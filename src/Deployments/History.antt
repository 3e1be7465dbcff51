-- ===== src/Deployments/History.antt =====
-- deployments/domain/deployment.py (the lifecycle of a deployment) and DeploymentStore of
-- deployments/adapters/persistence.py. Of a reported run its status and its summary are kept. Times and
-- drawn identifiers are given by the caller.
pub mod Events
pub mod Terminal
pub mod Choice
pub mod Saving
mod Examples
use blitze_cdn_cp.Prelude.{
  ℕ, String, List, [], ◌∷◌, ◌++◌, Bool, true, false, not, ◌&&◌, Option, none, some, ◌==◌, string_eq,
  leb, if◌then◌else◌,
}
use blitze_cdn_cp.Sql.{
  select_where, update_where, matches, first_where, order_by, drop_surplus, rows_affected,
}
use blitze_cdn_cp.Deployments.Targets.{Detail}
use blitze_cdn_cp.Deployments.Rollout.{RunStatus, AnsibleRun}

pub data DeploymentStatus : Type 0 where
  queued running succeeded failed timed_out abandoned : DeploymentStatus

-- The text that the column holds.
unfoldable pub value : DeploymentStatus → String
value DeploymentStatus.queued = "queued"
value DeploymentStatus.running = "running"
value DeploymentStatus.succeeded = "succeeded"
value DeploymentStatus.failed = "failed"
value DeploymentStatus.timed_out = "timed_out"
value DeploymentStatus.abandoned = "abandoned"

unfoldable pub status_eq : DeploymentStatus → DeploymentStatus → Bool
unfolding value
status_eq a b = value a == value b

-- DeploymentStatus.of
unfoldable pub status_of : RunStatus → DeploymentStatus
status_of RunStatus.timed_out = DeploymentStatus.timed_out
status_of RunStatus.succeeded = DeploymentStatus.succeeded
status_of _ = DeploymentStatus.failed

-- TERMINAL_STATUSES
unfoldable pub is_final : DeploymentStatus → Bool
is_final DeploymentStatus.queued = false
is_final DeploymentStatus.running = false
is_final _ = true

-- DEPLOYMENT_TRANSITIONS
unfoldable pub is_lawful : DeploymentStatus → DeploymentStatus → Bool
is_lawful DeploymentStatus.queued DeploymentStatus.running = true
is_lawful DeploymentStatus.queued DeploymentStatus.failed = true
is_lawful DeploymentStatus.running DeploymentStatus.succeeded = true
is_lawful DeploymentStatus.running DeploymentStatus.failed = true
is_lawful DeploymentStatus.running DeploymentStatus.timed_out = true
is_lawful DeploymentStatus.running DeploymentStatus.abandoned = true
is_lawful _ _ = false

-- The texts of the `error` of a run that never reached Ansible: a reason, an interrupt by the name of
-- its type, and an exception by the name of its type and its text.
pub data RunError : Type 0 where
  reason : String → RunError
  interrupted_by : String → RunError
  runner_error : String → Detail → RunError

-- A run as Ansible reported it, or one that never started: its drawn identifier, its time, its text.
pub data RecordedRun : Type 0 where
  reported : AnsibleRun → RecordedRun
  unstarted_run : String → ℕ → RunError → RecordedRun

pub record Deployment : Type 0 where
  pub id : String
  pub status : DeploymentStatus
  pub operator : String
  pub check_mode : Bool
  pub release_id : String
  pub host_limit : Option String
  pub rollback_of : Option String
  pub canonical_digest : Option String
  pub created_at : ℕ
  pub started_at : Option ℕ
  pub finished_at : Option ℕ
  pub result : Option RecordedRun
  pub error : Option Detail

abbrev pub DeploymentTable : Type 0
DeploymentTable = List Deployment

unfoldable pub abandoned_run : String → String → ℕ → RecordedRun
abandoned_run draw text now = unstarted_run draw now (reason text)

-- `none` is the ValueError of `require_transition`.
unfoldable pub begin_deployment : ℕ → Deployment → Option Deployment
unfolding is_lawful
begin_deployment now d =
    if is_lawful d.status DeploymentStatus.running
    then some (record d { status = DeploymentStatus.running; started_at = some now })
    else none

unfoldable pub finish_deployment :
    DeploymentStatus → ℕ → Option RecordedRun → Option Detail → Deployment → Option Deployment
unfolding is_final is_lawful
finish_deployment status now result error d =
    if is_final status && is_lawful d.status status
    then some (record d { status = status; finished_at = some now; result = result; error = error })
    else none

unfoldable pub keyed : String → Deployment → Bool
keyed id d = d.id == id

abbrev pub new_deployment :
    String → String → Bool → String → Option String → Option String → Option String → ℕ → Deployment
new_deployment id operator check_mode release_id rollback_of host_limit digest now = record {
  id = id;
  status = DeploymentStatus.queued;
  operator = operator;
  check_mode = check_mode;
  release_id = release_id;
  host_limit = host_limit;
  rollback_of = rollback_of;
  canonical_digest = digest;
  created_at = now;
  started_at = none;
  finished_at = none;
  result = none;
  error = none;
}

unfoldable pub create_deployment :
    String
    → String
    → Bool
    → String
    → Option String
    → Option String
    → Option String
    → ℕ
    → DeploymentTable
    → Option Deployment × DeploymentTable
unfolding keyed
create_deployment id operator check_mode release_id rollback_of host_limit digest now rows =
    let row = new_deployment id operator check_mode release_id rollback_of host_limit digest now in
    if matches (keyed id) rows then (none, rows) else (some row, rows ++ row ∷ [])

-- What `save` writes of `after` to the row.
unfoldable pub saved : Deployment → Deployment → Deployment
saved after row = record row {
  status = after.status;
  started_at = after.started_at;
  finished_at = after.finished_at;
  result = after.result;
  error = after.error;
}

save_row :
    Deployment
    → Deployment
    → Option Deployment
    → DeploymentTable
    → Option Deployment × DeploymentTable
unfolding status_eq saved keyed
save_row before after none rows = (none, rows)
save_row before after (some row) rows =
    if status_eq row.status before.status
    then (some (saved after row), update_where (keyed before.id) (saved after) rows)
    else (none, rows)

-- `none` is the ConflictError, or the ValueError of a change of the identifier.
unfoldable pub save :
    Deployment → Deployment → DeploymentTable → Option Deployment × DeploymentTable
unfolding save_row keyed
save before after rows =
    if after.id == before.id
    then save_row before after (first_where (keyed before.id) rows) rows
    else (none, rows)

unfoldable pub is_running : Deployment → Bool
unfolding status_eq
is_running d = status_eq d.status DeploymentStatus.running

unfoldable pub abandon_running : String → ℕ → DeploymentTable → ℕ × DeploymentTable
unfolding is_running abandoned_run
abandon_running draw now rows = (
  rows_affected is_running rows,
  update_where is_running
      (λ d. record d {
        status = DeploymentStatus.abandoned;
        finished_at = some now;
        result =
            some
              (abandoned_run draw "the controller restarted before this deployment completed" now);
      })
      rows,
)

unfoldable pub finished_check : Deployment → Bool
unfolding is_final
finished_check d = d.check_mode && is_final d.status

unfoldable pub prune_history : ℕ → DeploymentTable → ℕ × DeploymentTable
unfolding finished_check
prune_history keep = drop_surplus (λ d. d.id) finished_check (λ d. d.created_at) keep

unfoldable pub is_fleet_wide : Option String → Bool
is_fleet_wide none = true
is_fleet_wide (some pattern) = false

unfoldable pub can_restore : String → Deployment → Bool
unfolding status_eq is_fleet_wide
can_restore current d =
    status_eq d.status DeploymentStatus.succeeded
    && (not d.check_mode && (not (d.release_id == current) && is_fleet_wide d.host_limit))

unfoldable pub latest_first : Deployment → Deployment → Bool
latest_first a b = leb b.created_at a.created_at

unfoldable pub head : DeploymentTable → Option Deployment
head [] = none
head (d ∷ ds) = some d

-- `none` is the NotFoundError.
unfoldable pub successful_rollback_target : String → DeploymentTable → Option Deployment
unfolding can_restore latest_first head
successful_rollback_target current rows =
    head (order_by latest_first (select_where (can_restore current) rows))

━━━━━━

→ **EXERCISE AIM**: Copy exactly the lines above, starting at the opening line and finishing at the line in which "is_lawful DeploymentStatus.queued DeploymentStatus.failed" occurs.

→ **ANSWER FOR THE TASK**:
filename src/Deployments/History.antt
repository 3e1be7465dbcff51
-- ===== src/Deployments/History.antt =====
-- deployments/domain/deployment.py (the lifecycle of a deployment) and DeploymentStore of
-- deployments/adapters/persistence.py. Of a reported run its status and its summary are kept. Times and
-- drawn identifiers are given by the caller.
pub mod Events
pub mod Terminal
pub mod Choice
pub mod Saving
mod Examples
use blitze_cdn_cp.Prelude.{
  ℕ, String, List, [], ◌∷◌, ◌++◌, Bool, true, false, not, ◌&&◌, Option, none, some, ◌==◌, string_eq,
  leb, if◌then◌else◌,
}
use blitze_cdn_cp.Sql.{
  select_where, update_where, matches, first_where, order_by, drop_surplus, rows_affected,
}
use blitze_cdn_cp.Deployments.Targets.{Detail}
use blitze_cdn_cp.Deployments.Rollout.{RunStatus, AnsibleRun}

pub data DeploymentStatus : Type 0 where
  queued running succeeded failed timed_out abandoned : DeploymentStatus

-- The text that the column holds.
unfoldable pub value : DeploymentStatus → String
value DeploymentStatus.queued = "queued"
value DeploymentStatus.running = "running"
value DeploymentStatus.succeeded = "succeeded"
value DeploymentStatus.failed = "failed"
value DeploymentStatus.timed_out = "timed_out"
value DeploymentStatus.abandoned = "abandoned"

unfoldable pub status_eq : DeploymentStatus → DeploymentStatus → Bool
unfolding value
status_eq a b = value a == value b

-- DeploymentStatus.of
unfoldable pub status_of : RunStatus → DeploymentStatus
status_of RunStatus.timed_out = DeploymentStatus.timed_out
status_of RunStatus.succeeded = DeploymentStatus.succeeded
status_of _ = DeploymentStatus.failed

-- TERMINAL_STATUSES
unfoldable pub is_final : DeploymentStatus → Bool
is_final DeploymentStatus.queued = false
is_final DeploymentStatus.running = false
is_final _ = true

-- DEPLOYMENT_TRANSITIONS
unfoldable pub is_lawful : DeploymentStatus → DeploymentStatus → Bool
is_lawful DeploymentStatus.queued DeploymentStatus.running = true
is_lawful DeploymentStatus.queued DeploymentStatus.failed = true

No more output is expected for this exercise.